(ASSIGNED TASK)
Repeat verbatim, and only, the lines of the data below, beginning at the line that contains "(public_key : String)" and stopping after the line that contains "let (signature', ss, h4)".

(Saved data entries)
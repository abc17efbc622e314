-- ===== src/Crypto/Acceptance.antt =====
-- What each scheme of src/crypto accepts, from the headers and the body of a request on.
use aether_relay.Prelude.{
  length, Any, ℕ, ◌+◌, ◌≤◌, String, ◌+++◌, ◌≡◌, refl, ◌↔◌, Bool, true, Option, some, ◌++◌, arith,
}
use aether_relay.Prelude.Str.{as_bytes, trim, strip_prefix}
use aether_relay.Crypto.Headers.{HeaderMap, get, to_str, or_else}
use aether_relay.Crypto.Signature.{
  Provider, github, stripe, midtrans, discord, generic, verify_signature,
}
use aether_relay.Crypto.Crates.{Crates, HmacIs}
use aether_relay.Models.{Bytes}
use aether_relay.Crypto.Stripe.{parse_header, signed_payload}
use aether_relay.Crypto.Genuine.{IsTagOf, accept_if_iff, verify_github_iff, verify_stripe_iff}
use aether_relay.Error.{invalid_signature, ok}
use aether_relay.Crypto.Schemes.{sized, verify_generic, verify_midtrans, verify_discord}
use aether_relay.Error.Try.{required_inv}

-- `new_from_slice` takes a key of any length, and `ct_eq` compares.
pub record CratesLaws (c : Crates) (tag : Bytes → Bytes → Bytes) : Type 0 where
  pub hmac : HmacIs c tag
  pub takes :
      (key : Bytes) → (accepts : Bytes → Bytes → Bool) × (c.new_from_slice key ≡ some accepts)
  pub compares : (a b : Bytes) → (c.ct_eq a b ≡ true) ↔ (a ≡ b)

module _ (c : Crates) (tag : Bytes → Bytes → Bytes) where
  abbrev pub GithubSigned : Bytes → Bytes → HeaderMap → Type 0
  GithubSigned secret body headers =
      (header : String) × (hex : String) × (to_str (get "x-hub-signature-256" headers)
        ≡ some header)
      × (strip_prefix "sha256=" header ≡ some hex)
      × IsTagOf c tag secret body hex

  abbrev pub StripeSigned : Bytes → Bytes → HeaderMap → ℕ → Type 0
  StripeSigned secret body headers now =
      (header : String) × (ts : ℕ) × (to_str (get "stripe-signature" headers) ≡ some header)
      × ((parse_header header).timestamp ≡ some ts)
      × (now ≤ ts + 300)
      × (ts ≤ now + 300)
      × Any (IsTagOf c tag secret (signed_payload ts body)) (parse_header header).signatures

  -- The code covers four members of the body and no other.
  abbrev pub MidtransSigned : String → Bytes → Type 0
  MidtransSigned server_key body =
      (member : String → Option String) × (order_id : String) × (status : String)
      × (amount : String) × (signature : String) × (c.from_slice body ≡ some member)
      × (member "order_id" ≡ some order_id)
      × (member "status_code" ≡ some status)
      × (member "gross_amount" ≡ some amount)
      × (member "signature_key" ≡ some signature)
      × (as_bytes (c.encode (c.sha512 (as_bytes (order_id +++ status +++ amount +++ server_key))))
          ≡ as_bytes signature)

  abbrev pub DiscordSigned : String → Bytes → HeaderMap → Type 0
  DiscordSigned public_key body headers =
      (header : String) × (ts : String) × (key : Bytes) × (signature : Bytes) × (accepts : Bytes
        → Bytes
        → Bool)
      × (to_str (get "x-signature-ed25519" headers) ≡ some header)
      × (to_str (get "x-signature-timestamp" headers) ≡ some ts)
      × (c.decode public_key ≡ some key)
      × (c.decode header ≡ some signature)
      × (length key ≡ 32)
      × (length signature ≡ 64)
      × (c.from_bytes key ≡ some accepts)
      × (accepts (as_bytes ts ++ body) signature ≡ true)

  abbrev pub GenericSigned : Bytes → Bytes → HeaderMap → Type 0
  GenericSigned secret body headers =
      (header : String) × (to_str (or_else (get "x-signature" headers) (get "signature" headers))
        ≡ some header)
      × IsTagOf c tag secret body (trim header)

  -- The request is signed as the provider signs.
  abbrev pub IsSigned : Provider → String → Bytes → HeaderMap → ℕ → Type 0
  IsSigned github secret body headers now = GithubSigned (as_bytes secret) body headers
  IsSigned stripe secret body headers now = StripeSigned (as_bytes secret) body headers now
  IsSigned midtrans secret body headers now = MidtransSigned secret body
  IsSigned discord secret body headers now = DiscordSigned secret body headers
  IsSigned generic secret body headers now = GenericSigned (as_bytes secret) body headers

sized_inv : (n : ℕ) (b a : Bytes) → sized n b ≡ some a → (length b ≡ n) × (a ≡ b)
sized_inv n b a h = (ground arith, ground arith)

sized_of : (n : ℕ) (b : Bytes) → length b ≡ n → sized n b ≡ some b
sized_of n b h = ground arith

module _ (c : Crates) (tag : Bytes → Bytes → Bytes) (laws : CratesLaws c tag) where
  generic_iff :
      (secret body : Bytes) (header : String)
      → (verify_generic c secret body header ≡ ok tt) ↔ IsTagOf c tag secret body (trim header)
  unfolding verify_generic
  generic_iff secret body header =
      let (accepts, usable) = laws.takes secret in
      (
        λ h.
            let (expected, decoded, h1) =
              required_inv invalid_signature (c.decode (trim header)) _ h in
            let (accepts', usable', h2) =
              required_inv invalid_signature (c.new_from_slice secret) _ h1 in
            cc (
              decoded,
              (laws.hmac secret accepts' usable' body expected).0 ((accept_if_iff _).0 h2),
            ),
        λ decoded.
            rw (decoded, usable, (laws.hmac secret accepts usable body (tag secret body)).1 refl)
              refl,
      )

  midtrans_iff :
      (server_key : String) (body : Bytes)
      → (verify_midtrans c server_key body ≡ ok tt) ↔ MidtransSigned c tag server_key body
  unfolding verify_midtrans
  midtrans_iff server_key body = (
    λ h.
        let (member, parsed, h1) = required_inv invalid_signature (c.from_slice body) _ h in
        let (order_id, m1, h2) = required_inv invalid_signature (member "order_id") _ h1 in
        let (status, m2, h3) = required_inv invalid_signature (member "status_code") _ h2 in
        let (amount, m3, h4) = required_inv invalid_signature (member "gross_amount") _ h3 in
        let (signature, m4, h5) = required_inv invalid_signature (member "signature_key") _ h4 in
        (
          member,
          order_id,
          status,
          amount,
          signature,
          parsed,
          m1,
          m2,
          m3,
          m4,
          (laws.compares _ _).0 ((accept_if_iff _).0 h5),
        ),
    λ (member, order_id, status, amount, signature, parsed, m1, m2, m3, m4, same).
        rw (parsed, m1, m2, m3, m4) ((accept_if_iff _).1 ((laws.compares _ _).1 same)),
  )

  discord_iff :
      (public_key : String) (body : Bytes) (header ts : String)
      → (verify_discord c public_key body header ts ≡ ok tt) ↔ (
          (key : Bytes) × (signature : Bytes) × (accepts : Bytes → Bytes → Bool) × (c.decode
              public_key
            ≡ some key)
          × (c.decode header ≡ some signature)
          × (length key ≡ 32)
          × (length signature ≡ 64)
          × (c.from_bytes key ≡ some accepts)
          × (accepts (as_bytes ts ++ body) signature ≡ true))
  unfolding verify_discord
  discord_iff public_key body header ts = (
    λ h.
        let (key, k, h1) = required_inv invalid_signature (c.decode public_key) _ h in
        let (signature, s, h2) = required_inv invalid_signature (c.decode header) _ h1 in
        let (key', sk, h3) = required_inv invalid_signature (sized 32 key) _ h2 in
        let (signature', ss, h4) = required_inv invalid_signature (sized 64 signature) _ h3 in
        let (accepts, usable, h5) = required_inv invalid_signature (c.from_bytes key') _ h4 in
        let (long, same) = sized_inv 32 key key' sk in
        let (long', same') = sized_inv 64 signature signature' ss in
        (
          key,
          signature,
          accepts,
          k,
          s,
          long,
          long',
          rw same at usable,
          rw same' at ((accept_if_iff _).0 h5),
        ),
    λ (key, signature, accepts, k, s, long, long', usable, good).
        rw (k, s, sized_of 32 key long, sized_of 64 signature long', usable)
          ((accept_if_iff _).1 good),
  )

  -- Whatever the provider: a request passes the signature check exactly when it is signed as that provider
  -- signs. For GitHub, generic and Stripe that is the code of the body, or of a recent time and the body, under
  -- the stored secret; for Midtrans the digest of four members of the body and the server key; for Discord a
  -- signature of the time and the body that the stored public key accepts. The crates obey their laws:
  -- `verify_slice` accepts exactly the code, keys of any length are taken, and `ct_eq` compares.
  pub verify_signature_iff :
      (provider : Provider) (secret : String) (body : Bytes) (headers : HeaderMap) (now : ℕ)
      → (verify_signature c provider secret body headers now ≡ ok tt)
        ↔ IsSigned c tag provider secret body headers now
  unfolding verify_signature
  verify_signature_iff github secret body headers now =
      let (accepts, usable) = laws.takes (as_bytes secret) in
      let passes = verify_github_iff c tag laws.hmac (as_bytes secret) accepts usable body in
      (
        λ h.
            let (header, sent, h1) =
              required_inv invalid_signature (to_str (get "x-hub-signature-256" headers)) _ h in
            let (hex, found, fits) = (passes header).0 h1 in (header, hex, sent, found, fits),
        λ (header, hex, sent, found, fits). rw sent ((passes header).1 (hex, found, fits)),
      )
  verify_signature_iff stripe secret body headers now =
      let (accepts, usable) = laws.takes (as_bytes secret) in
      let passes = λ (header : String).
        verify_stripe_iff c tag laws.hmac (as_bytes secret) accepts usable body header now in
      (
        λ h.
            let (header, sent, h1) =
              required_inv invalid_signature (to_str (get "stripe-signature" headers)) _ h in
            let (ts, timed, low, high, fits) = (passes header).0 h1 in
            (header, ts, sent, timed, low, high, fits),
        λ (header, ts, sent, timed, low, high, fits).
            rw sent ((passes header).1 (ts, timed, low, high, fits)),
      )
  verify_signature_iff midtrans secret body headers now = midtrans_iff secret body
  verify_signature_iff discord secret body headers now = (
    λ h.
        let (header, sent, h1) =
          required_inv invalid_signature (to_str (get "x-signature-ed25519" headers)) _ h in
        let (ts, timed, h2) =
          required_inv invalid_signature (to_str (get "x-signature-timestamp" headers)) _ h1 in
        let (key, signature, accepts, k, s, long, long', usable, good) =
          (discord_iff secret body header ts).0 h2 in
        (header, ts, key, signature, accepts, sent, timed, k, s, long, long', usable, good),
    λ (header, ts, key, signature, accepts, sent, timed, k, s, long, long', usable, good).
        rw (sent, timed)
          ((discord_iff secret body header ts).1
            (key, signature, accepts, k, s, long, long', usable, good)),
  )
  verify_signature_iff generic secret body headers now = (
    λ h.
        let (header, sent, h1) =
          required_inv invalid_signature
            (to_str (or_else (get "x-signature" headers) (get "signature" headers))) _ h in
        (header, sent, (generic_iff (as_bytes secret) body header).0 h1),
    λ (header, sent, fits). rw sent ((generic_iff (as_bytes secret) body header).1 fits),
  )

(RESULT)
      (public_key : String) (body : Bytes) (header ts : String)
      → (verify_discord c public_key body header ts ≡ ok tt) ↔ (
          (key : Bytes) × (signature : Bytes) × (accepts : Bytes → Bytes → Bool) × (c.decode
              public_key
            ≡ some key)
          × (c.decode header ≡ some signature)
          × (length key ≡ 32)
          × (length signature ≡ 64)
          × (c.from_bytes key ≡ some accepts)
          × (accepts (as_bytes ts ++ body) signature ≡ true))
  unfolding verify_discord
  discord_iff public_key body header ts = (
    λ h.
        let (key, k, h1) = required_inv invalid_signature (c.decode public_key) _ h in
        let (signature, s, h2) = required_inv invalid_signature (c.decode header) _ h1 in
        let (key', sk, h3) = required_inv invalid_signature (sized 32 key) _ h2 in
        let (signature', ss, h4) = required_inv invalid_signature (sized 64 signature) _ h3 in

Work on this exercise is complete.